Task directions: When the line with "use opi_nvidia_bridge.Namespace.Create.Outcome as" is reached, include it and stop; before that, copy each line of the listing exactly from the first.

-------- Exercise materials

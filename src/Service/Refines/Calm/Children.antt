-- ===== src/Service/Refines/Calm/Children.antt =====
-- That `CreateNvmeController` and `CreateNvmeNamespace` of pkg/frontend find no nil pointer in what is
-- kept, where the request has its own pointers set.
use opi_nvidia_bridge.Base.{◌≡◌, refl, ap, ◌∙◌, Option, none, some}
use opi_nvidia_bridge.Api.Messages.{
  NvmeSubsystem, NvmeSubsystemSpec, NvmeController, NvmeControllerSpec, NvmeNamespace,
  NvmeNamespaceSpec, nvme_subsystem, nvme_controller, nvme_namespace,
}
use opi_nvidia_bridge.Api.Requests.{CreateChildRequest}
use opi_nvidia_bridge.Exec.Rules.{Ends, done, check_rule, known_rule, require_rule}
use opi_nvidia_bridge.Externals.{Externals}
use opi_nvidia_bridge.Externals.Laws.{PlainId, IsStore, ClonesFaithfully, subsystem_name}
use opi_nvidia_bridge.Server.{State}
use opi_nvidia_bridge.Server.Outcomes.{Untouched, Untouched-trans}
use opi_nvidia_bridge.Server.Steps.{generated_rule, rpc_err_rule, store_get_err_rule}
use opi_nvidia_bridge.Controller.Create as ControllerCreation
use opi_nvidia_bridge.Controller.Create.{create_nvme_controller}
use opi_nvidia_bridge.Controller.Create.Outcome as ControllerOutcome
use opi_nvidia_bridge.Controller.Validate as ControllerChecks
use opi_nvidia_bridge.Controller.Validate.Same as ControllerSame
use opi_nvidia_bridge.Namespace.Create as NamespaceCreation
use opi_nvidia_bridge.Namespace.Create.{create_nvme_namespace}
use opi_nvidia_bridge.Namespace.Create.Outcome as NamespaceOutcome
use opi_nvidia_bridge.Namespace.Validate as NamespaceChecks
use opi_nvidia_bridge.Namespace.Validate.Same as NamespaceSame
use opi_nvidia_bridge.Service.Refines.Kept.{KeepsFormed}
use opi_nvidia_bridge.Service.Refines.Calm.{
  Calm, err-Calm, checks-Calm, validator_rule, present_rule, kept_rule,
}
use opi_nvidia_bridge.Service.Refines.Calm.Creates.{kept_end}

module _ (E : Externals) where
  controller_checks :
      (req : CreateChildRequest nvme_controller) (m : NvmeController) (spec : NvmeControllerSpec)
      (t : State E)
      → req.resource ≡ some m
      → m.spec ≡ some spec
      → Ends (Calm E) (ControllerChecks.validate_create E req t)
  unfolding ControllerChecks.validate_create
  controller_checks req m spec t hr hs =
      check_rule _ _ t
        (λ _.
          check_rule _ _ t
            (λ _. known_rule _ _ t m hr (known_rule _ _ t spec hs (checks-Calm E _ _ t)))
            (λ e _. err-Calm E e t))
        (λ e _. err-Calm E e t)

  namespace_checks :
      (req : CreateChildRequest nvme_namespace) (t : State E)
      → Ends (Calm E) (NamespaceChecks.validate_create E req t)
  unfolding NamespaceChecks.validate_create
  namespace_checks req t = check_rule _ _ t (λ _. checks-Calm E _ _ t) (λ e _. err-Calm E e t)

module _ (E : Externals) (L : IsStore E) (C : ClonesFaithfully E) (s : State E)
    (kept : KeepsFormed E s) where
  attach_controller :
      (n : NvmeController) (spec : NvmeControllerSpec) (subsystem : NvmeSubsystem)
      (subsystem_spec : NvmeSubsystemSpec) (t : State E)
      → n.spec ≡ some spec
      → subsystem.spec ≡ some subsystem_spec
      → Ends (Calm E) (ControllerCreation.attach E n subsystem t)
  unfolding ControllerCreation.attach
  attach_controller n spec subsystem subsystem_spec t hs hss = known_rule _ _ t subsystem_spec hss (
      rpc_err_rule E (ControllerOutcome.create_call n subsystem_spec) _ _
        (λ result t' _ _ _ _.
          require_rule _ _ _ _
            (λ _.
              known_rule _ _ t' spec
                (ap (λ (x : NvmeController). x.spec) (C.clone_eq nvme_controller n) ∙ hs)
                (kept_end E nvme_controller _ _ _ t'))
            (λ _. err-Calm E _ t'))
        (λ e t' _. err-Calm E e t'))

  pub create_nvme_controller-Calm :
      (req : CreateChildRequest nvme_controller) (i : PlainId) (m : NvmeController)
      (spec : NvmeControllerSpec)
      → req.parent ≡ subsystem_name E i
      → req.resource ≡ some m
      → m.spec ≡ some spec
      → Ends (Calm E) (create_nvme_controller E req s)
  unfolding create_nvme_controller ControllerCreation.create_new
  create_nvme_controller-Calm req i m spec hp hr hs =
      validator_rule E _ _ s (ControllerSame.validate_create-same E s req)
        (controller_checks E req m spec s hr hs)
        (λ _. generated_rule E _ _ (λ id t _ o. known_rule _ _ t m hr (
          store_get_err_rule E L nvme_controller _ _ _
            (λ found t' _ o'.
              found_Calm found t' (ControllerOutcome.named E req id m) hs
                (Untouched-trans E o.untouched o'.untouched))
            (λ e t' _. err-Calm E e t'))))
    where
      found_Calm :
          (found : Option NvmeController) (t : State E) (n : NvmeController)
          → n.spec ≡ some spec
          → Untouched E s t
          → Ends (Calm E) (ControllerCreation.or_create E req.parent n found t)
      found_Calm (some existing) t n hs u = done (λ p. cc p)
      found_Calm none t n hs u =
          kept_rule E L s kept nvme_subsystem req.parent _ t refl (i, hp) u
            (λ parent t' formed _. present_rule E _ _ _ t' (λ subsystem hm.
              let (subsystem_spec, hss, _) = formed subsystem hm in
              attach_controller n spec subsystem subsystem_spec t' hs hss))

  attach_namespace :
      (n : NvmeNamespace) (spec : NvmeNamespaceSpec) (subsystem : NvmeSubsystem)
      (subsystem_spec : NvmeSubsystemSpec) (t : State E)
      → n.spec ≡ some spec
      → subsystem.spec ≡ some subsystem_spec
      → Ends (Calm E) (NamespaceCreation.attach E n subsystem t)
  unfolding NamespaceCreation.attach
  attach_namespace n spec subsystem subsystem_spec t hs hss = known_rule _ _ t spec hs (
      known_rule _ _ t subsystem_spec hss (
        rpc_err_rule E (NamespaceOutcome.attach_call spec subsystem_spec) _ _
          (λ attached t' _ _ _ _.
            require_rule _ _ _ _ (λ _. kept_end E nvme_namespace _ _ _ t') (λ _. err-Calm E _ t'))
          (λ e t' _. err-Calm E e t')))

  pub create_nvme_namespace-Calm :
      (req : CreateChildRequest nvme_namespace) (i : PlainId) (m : NvmeNamespace)
      (spec : NvmeNamespaceSpec)
      → req.parent ≡ subsystem_name E i
      → req.resource ≡ some m
      → m.spec ≡ some spec
      → Ends (Calm E) (create_nvme_namespace E req s)
  unfolding create_nvme_namespace NamespaceCreation.create_new
  create_nvme_namespace-Calm req i m spec hp hr hs =
      validator_rule E _ _ s (NamespaceSame.validate_create-same E s req) (namespace_checks E req s)
        (λ _. generated_rule E _ _ (λ id t _ o. known_rule _ _ t m hr (
          store_get_err_rule E L nvme_namespace _ _ _
            (λ found t' _ o'.
              found_Calm found t' (NamespaceOutcome.named E req id m) hs
                (Untouched-trans E o.untouched o'.untouched))
            (λ e t' _. err-Calm E e t'))))
    where
      found_Calm :
          (found : Option NvmeNamespace) (t : State E) (n : NvmeNamespace)
          → n.spec ≡ some spec
          → Untouched E s t
          → Ends (Calm E) (NamespaceCreation.or_create E req.parent n found t)
      found_Calm (some existing) t n hs u = done (λ p. cc p)
      found_Calm none t n hs u =
          kept_rule E L s kept nvme_subsystem req.parent _ t refl (i, hp) u
            (λ parent t' formed _. present_rule E _ _ _ t' (λ subsystem hm.
              let (subsystem_spec, hss, _) = formed subsystem hm in
              attach_namespace n spec subsystem subsystem_spec t' hs hss))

----------------

Solution to this problem:
filename src/Service/Refines/Calm/Children.antt
-- ===== src/Service/Refines/Calm/Children.antt =====
-- That `CreateNvmeController` and `CreateNvmeNamespace` of pkg/frontend find no nil pointer in what is
-- kept, where the request has its own pointers set.
use opi_nvidia_bridge.Base.{◌≡◌, refl, ap, ◌∙◌, Option, none, some}
use opi_nvidia_bridge.Api.Messages.{
  NvmeSubsystem, NvmeSubsystemSpec, NvmeController, NvmeControllerSpec, NvmeNamespace,
  NvmeNamespaceSpec, nvme_subsystem, nvme_controller, nvme_namespace,
}
use opi_nvidia_bridge.Api.Requests.{CreateChildRequest}
use opi_nvidia_bridge.Exec.Rules.{Ends, done, check_rule, known_rule, require_rule}
use opi_nvidia_bridge.Externals.{Externals}
use opi_nvidia_bridge.Externals.Laws.{PlainId, IsStore, ClonesFaithfully, subsystem_name}
use opi_nvidia_bridge.Server.{State}
use opi_nvidia_bridge.Server.Outcomes.{Untouched, Untouched-trans}
use opi_nvidia_bridge.Server.Steps.{generated_rule, rpc_err_rule, store_get_err_rule}
use opi_nvidia_bridge.Controller.Create as ControllerCreation
use opi_nvidia_bridge.Controller.Create.{create_nvme_controller}
use opi_nvidia_bridge.Controller.Create.Outcome as ControllerOutcome
use opi_nvidia_bridge.Controller.Validate as ControllerChecks
use opi_nvidia_bridge.Controller.Validate.Same as ControllerSame
use opi_nvidia_bridge.Namespace.Create as NamespaceCreation
use opi_nvidia_bridge.Namespace.Create.{create_nvme_namespace}
use opi_nvidia_bridge.Namespace.Create.Outcome as NamespaceOutcome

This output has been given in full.